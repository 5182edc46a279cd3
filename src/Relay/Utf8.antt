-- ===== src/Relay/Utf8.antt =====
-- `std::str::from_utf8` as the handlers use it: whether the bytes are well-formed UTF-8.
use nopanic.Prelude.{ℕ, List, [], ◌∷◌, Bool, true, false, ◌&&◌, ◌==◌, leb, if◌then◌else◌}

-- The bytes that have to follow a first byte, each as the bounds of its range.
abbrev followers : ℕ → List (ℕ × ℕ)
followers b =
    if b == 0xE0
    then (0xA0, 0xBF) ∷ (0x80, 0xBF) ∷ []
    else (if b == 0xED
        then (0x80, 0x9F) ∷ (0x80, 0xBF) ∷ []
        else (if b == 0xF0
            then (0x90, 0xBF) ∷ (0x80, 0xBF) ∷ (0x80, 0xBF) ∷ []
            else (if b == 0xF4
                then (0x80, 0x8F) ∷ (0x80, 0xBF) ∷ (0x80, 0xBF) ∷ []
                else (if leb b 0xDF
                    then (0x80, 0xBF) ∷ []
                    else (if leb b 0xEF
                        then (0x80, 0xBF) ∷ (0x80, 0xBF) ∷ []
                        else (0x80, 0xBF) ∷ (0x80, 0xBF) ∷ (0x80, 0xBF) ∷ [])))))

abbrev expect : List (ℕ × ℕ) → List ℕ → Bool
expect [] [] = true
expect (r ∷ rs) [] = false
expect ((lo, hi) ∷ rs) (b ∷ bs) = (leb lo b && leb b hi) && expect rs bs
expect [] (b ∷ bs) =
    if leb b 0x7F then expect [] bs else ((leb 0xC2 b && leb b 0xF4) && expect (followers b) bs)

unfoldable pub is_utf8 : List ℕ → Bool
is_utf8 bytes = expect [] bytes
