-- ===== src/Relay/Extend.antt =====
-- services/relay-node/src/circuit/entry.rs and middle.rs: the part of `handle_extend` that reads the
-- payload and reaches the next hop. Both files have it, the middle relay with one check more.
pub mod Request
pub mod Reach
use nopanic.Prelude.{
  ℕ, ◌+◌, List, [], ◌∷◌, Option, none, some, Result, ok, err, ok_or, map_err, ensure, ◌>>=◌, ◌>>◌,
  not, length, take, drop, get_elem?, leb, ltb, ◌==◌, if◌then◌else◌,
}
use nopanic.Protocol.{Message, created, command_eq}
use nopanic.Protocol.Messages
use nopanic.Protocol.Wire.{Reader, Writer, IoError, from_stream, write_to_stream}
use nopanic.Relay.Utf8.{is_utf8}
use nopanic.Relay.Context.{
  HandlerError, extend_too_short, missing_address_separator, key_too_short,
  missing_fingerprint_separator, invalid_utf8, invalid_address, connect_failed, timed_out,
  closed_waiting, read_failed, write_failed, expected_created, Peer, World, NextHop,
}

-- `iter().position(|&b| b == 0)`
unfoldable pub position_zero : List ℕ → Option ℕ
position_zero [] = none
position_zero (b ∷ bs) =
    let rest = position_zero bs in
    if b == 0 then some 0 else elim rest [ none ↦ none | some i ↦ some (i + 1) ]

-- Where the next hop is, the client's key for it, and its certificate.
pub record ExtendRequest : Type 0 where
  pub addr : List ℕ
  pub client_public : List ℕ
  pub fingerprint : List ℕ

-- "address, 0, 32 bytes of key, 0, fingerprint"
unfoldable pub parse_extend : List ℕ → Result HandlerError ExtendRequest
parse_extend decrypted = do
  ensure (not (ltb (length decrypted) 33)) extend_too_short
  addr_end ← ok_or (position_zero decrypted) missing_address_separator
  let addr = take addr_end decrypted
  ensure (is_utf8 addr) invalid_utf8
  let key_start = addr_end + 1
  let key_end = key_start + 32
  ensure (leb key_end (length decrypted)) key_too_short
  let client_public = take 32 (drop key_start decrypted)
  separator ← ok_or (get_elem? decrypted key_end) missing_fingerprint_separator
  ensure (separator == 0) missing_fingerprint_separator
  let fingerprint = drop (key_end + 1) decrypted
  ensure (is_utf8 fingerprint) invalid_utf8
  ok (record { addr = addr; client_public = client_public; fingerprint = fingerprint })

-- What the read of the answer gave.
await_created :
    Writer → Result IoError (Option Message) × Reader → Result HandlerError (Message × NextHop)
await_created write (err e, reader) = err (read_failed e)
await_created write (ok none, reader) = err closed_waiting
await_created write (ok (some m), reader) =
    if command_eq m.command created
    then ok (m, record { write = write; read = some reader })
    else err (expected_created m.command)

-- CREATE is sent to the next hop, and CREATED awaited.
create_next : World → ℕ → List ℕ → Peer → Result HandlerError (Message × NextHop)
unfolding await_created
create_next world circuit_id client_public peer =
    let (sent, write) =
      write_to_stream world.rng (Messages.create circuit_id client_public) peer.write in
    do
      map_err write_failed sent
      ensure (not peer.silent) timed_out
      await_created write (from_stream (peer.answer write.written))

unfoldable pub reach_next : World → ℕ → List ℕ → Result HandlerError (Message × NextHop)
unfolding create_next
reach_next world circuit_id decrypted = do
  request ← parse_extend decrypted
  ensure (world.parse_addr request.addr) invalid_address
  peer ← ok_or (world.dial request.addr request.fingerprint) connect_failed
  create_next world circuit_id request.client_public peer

-*-

Every line above that contains "ensure" counts once. Give the number of those lines and nothing more.

8